● **ACTION ITEM**
Each record below needs to be copied out exactly as it stands.

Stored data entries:
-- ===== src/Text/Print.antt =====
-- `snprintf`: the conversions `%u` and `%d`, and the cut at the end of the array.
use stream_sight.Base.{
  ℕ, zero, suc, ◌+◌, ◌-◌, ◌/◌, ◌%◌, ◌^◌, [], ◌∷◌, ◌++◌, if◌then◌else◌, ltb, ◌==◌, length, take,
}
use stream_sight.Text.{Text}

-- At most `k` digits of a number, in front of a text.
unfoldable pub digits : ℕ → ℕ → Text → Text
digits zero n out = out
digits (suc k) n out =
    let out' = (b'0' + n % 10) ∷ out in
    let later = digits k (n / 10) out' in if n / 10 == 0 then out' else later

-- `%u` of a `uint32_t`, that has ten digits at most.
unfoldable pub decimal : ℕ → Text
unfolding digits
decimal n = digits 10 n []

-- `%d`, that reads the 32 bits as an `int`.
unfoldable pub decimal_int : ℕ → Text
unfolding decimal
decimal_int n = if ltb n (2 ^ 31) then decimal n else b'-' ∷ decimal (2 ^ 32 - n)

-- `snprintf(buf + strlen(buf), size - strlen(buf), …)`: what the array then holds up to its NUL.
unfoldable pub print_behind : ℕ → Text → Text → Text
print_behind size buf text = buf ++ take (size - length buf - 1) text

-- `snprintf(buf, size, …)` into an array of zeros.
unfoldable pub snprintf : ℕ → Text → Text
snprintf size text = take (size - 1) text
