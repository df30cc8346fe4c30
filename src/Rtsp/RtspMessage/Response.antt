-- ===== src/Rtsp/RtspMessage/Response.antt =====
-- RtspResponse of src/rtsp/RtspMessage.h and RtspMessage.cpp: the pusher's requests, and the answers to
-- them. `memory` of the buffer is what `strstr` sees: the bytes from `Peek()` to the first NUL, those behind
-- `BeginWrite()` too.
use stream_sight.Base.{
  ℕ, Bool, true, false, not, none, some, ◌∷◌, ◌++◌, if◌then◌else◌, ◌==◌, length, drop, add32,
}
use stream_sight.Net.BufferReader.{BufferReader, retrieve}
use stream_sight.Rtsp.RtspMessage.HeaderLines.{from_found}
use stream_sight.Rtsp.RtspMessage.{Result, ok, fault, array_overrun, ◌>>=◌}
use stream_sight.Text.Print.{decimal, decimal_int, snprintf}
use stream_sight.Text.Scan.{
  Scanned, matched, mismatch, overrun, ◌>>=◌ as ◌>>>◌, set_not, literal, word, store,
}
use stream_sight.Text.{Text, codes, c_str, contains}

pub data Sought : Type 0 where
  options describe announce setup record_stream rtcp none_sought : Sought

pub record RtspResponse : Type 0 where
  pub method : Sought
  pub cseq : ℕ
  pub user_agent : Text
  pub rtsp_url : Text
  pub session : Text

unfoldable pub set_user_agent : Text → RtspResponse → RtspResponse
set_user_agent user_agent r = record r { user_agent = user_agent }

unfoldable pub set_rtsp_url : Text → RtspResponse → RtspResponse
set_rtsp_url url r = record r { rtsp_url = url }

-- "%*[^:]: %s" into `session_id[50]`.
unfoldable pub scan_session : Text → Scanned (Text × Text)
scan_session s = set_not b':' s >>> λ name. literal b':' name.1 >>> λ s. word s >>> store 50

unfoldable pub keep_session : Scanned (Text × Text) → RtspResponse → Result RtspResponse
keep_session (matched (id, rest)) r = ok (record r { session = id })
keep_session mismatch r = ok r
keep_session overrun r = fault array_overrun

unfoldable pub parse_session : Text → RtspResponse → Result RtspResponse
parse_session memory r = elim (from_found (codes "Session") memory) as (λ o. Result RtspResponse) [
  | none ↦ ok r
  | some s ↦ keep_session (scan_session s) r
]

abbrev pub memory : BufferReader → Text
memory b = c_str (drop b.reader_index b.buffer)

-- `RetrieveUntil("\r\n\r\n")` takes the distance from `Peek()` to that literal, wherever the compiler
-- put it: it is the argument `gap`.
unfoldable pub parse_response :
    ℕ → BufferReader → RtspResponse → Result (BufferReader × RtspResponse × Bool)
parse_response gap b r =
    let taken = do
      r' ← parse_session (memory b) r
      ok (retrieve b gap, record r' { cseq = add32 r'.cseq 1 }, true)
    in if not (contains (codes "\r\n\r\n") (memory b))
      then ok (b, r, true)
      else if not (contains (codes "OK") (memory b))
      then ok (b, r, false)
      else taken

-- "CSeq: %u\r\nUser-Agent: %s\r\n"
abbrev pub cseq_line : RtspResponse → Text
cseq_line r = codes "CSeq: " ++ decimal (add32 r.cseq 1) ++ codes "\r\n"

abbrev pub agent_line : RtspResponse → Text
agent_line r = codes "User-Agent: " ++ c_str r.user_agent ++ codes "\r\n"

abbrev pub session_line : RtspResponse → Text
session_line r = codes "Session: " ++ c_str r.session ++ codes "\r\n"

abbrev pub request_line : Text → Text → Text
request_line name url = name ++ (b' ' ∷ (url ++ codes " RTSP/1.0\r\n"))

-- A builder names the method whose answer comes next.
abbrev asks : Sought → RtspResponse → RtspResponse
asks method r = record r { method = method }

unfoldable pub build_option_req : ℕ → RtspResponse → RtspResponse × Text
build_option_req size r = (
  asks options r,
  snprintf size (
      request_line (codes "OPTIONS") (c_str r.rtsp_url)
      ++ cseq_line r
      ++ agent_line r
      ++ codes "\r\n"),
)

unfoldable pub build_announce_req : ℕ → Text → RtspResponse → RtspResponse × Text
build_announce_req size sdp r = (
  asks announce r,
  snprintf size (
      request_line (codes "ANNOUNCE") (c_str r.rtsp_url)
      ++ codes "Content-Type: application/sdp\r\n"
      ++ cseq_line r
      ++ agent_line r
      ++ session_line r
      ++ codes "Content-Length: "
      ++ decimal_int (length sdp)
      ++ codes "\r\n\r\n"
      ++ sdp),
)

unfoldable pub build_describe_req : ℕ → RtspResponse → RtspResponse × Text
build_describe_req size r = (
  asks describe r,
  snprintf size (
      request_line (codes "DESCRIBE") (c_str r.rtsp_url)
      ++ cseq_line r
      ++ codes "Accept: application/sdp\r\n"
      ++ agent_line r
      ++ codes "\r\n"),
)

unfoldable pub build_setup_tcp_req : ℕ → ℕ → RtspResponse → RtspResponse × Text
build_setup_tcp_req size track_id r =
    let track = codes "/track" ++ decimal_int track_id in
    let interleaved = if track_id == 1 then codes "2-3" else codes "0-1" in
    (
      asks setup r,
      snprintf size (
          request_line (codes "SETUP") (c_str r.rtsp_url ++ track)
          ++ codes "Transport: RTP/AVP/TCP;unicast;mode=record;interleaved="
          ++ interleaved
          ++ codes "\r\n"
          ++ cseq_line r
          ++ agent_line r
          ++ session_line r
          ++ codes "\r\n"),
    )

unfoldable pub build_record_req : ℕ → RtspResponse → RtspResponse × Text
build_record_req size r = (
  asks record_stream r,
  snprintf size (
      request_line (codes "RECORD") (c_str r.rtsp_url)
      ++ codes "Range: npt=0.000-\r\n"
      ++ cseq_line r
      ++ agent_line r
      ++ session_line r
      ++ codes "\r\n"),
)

● **WRITTEN ANSWER**
-- ===== src/Text/Print.antt =====
-- `snprintf`: the conversions `%u` and `%d`, and the cut at the end of the array.
use stream_sight.Base.{
  ℕ, zero, suc, ◌+◌, ◌-◌, ◌/◌, ◌%◌, ◌^◌, [], ◌∷◌, ◌++◌, if◌then◌else◌, ltb, ◌==◌, length, take,
}
use stream_sight.Text.{Text}

-- At most `k` digits of a number, in front of a text.
unfoldable pub digits : ℕ → ℕ → Text → Text
digits zero n out = out
digits (suc k) n out =
    let out' = (b'0' + n % 10) ∷ out in
    let later = digits k (n / 10) out' in if n / 10 == 0 then out' else later

-- `%u` of a `uint32_t`, that has ten digits at most.
unfoldable pub decimal : ℕ → Text
unfolding digits
decimal n = digits 10 n []

-- `%d`, that reads the 32 bits as an `int`.
unfoldable pub decimal_int : ℕ → Text
unfolding decimal
decimal_int n = if ltb n (2 ^ 31) then decimal n else b'-' ∷ decimal (2 ^ 32 - n)

-- `snprintf(buf + strlen(buf), size - strlen(buf), …)`: what the array then holds up to its NUL.
unfoldable pub print_behind : ℕ → Text → Text → Text
print_behind size buf text = buf ++ take (size - length buf - 1) text

-- `snprintf(buf, size, …)` into an array of zeros.
unfoldable pub snprintf : ℕ → Text → Text
snprintf size text = take (size - 1) text
repository df30cc8346fe4c30
filename src/Rtsp/RtspMessage/Response.antt
-- ===== src/Rtsp/RtspMessage/Response.antt =====
-- RtspResponse of src/rtsp/RtspMessage.h and RtspMessage.cpp: the pusher's requests, and the answers to
-- them. `memory` of the buffer is what `strstr` sees: the bytes from `Peek()` to the first NUL, those behind
-- `BeginWrite()` too.
use stream_sight.Base.{
  ℕ, Bool, true, false, not, none, some, ◌∷◌, ◌++◌, if◌then◌else◌, ◌==◌, length, drop, add32,
}
use stream_sight.Net.BufferReader.{BufferReader, retrieve}
use stream_sight.Rtsp.RtspMessage.HeaderLines.{from_found}
use stream_sight.Rtsp.RtspMessage.{Result, ok, fault, array_overrun, ◌>>=◌}
use stream_sight.Text.Print.{decimal, decimal_int, snprintf}
use stream_sight.Text.Scan.{
  Scanned, matched, mismatch, overrun, ◌>>=◌ as ◌>>>◌, set_not, literal, word, store,
}
use stream_sight.Text.{Text, codes, c_str, contains}

pub data Sought : Type 0 where
  options describe announce setup record_stream rtcp none_sought : Sought

pub record RtspResponse : Type 0 where
  pub method : Sought
  pub cseq : ℕ
  pub user_agent : Text
  pub rtsp_url : Text
  pub session : Text

unfoldable pub set_user_agent : Text → RtspResponse → RtspResponse
set_user_agent user_agent r = record r { user_agent = user_agent }

unfoldable pub set_rtsp_url : Text → RtspResponse → RtspResponse
set_rtsp_url url r = record r { rtsp_url = url }

-- "%*[^:]: %s" into `session_id[50]`.
unfoldable pub scan_session : Text → Scanned (Text × Text)
scan_session s = set_not b':' s >>> λ name. literal b':' name.1 >>> λ s. word s >>> store 50

unfoldable pub keep_session : Scanned (Text × Text) → RtspResponse → Result RtspResponse
keep_session (matched (id, rest)) r = ok (record r { session = id })
keep_session mismatch r = ok r
keep_session overrun r = fault array_overrun

unfoldable pub parse_session : Text → RtspResponse → Result RtspResponse
parse_session memory r = elim (from_found (codes "Session") memory) as (λ o. Result RtspResponse) [
  | none ↦ ok r
  | some s ↦ keep_session (scan_session s) r
]

abbrev pub memory : BufferReader → Text
memory b = c_str (drop b.reader_index b.buffer)

-- `RetrieveUntil("\r\n\r\n")` takes the distance from `Peek()` to that literal, wherever the compiler
-- put it: it is the argument `gap`.
unfoldable pub parse_response :
    ℕ → BufferReader → RtspResponse → Result (BufferReader × RtspResponse × Bool)
parse_response gap b r =
    let taken = do
      r' ← parse_session (memory b) r
      ok (retrieve b gap, record r' { cseq = add32 r'.cseq 1 }, true)
    in if not (contains (codes "\r\n\r\n") (memory b))
      then ok (b, r, true)
      else if not (contains (codes "OK") (memory b))
      then ok (b, r, false)
      else taken

-- "CSeq: %u\r\nUser-Agent: %s\r\n"
abbrev pub cseq_line : RtspResponse → Text
cseq_line r = codes "CSeq: " ++ decimal (add32 r.cseq 1) ++ codes "\r\n"

abbrev pub agent_line : RtspResponse → Text
agent_line r = codes "User-Agent: " ++ c_str r.user_agent ++ codes "\r\n"

abbrev pub session_line : RtspResponse → Text
session_line r = codes "Session: " ++ c_str r.session ++ codes "\r\n"

abbrev pub request_line : Text → Text → Text
request_line name url = name ++ (b' ' ∷ (url ++ codes " RTSP/1.0\r\n"))

-- A builder names the method whose answer comes next.
abbrev asks : Sought → RtspResponse → RtspResponse
asks method r = record r { method = method }

unfoldable pub build_option_req : ℕ → RtspResponse → RtspResponse × Text
build_option_req size r = (
  asks options r,
  snprintf size (
      request_line (codes "OPTIONS") (c_str r.rtsp_url)
      ++ cseq_line r
      ++ agent_line r
      ++ codes "\r\n"),
)

unfoldable pub build_announce_req : ℕ → Text → RtspResponse → RtspResponse × Text
build_announce_req size sdp r = (
  asks announce r,
  snprintf size (
      request_line (codes "ANNOUNCE") (c_str r.rtsp_url)
      ++ codes "Content-Type: application/sdp\r\n"
      ++ cseq_line r
      ++ agent_line r
      ++ session_line r
      ++ codes "Content-Length: "
      ++ decimal_int (length sdp)
      ++ codes "\r\n\r\n"
      ++ sdp),
)

unfoldable pub build_describe_req : ℕ → RtspResponse → RtspResponse × Text
build_describe_req size r = (
  asks describe r,
  snprintf size (
      request_line (codes "DESCRIBE") (c_str r.rtsp_url)
      ++ cseq_line r
      ++ codes "Accept: application/sdp\r\n"
      ++ agent_line r
      ++ codes "\r\n"),
)

unfoldable pub build_setup_tcp_req : ℕ → ℕ → RtspResponse → RtspResponse × Text
build_setup_tcp_req size track_id r =
    let track = codes "/track" ++ decimal_int track_id in
    let interleaved = if track_id == 1 then codes "2-3" else codes "0-1" in
    (
      asks setup r,
      snprintf size (
          request_line (codes "SETUP") (c_str r.rtsp_url ++ track)
          ++ codes "Transport: RTP/AVP/TCP;unicast;mode=record;interleaved="
          ++ interleaved
          ++ codes "\r\n"
          ++ cseq_line r
          ++ agent_line r
          ++ session_line r
          ++ codes "\r\n"),
    )

unfoldable pub build_record_req : ℕ → RtspResponse → RtspResponse × Text
build_record_req size r = (
  asks record_stream r,
  snprintf size (
      request_line (codes "RECORD") (c_str r.rtsp_url)
      ++ codes "Range: npt=0.000-\r\n"
      ++ cseq_line r
      ++ agent_line r
      ++ session_line r
      ++ codes "\r\n"),
)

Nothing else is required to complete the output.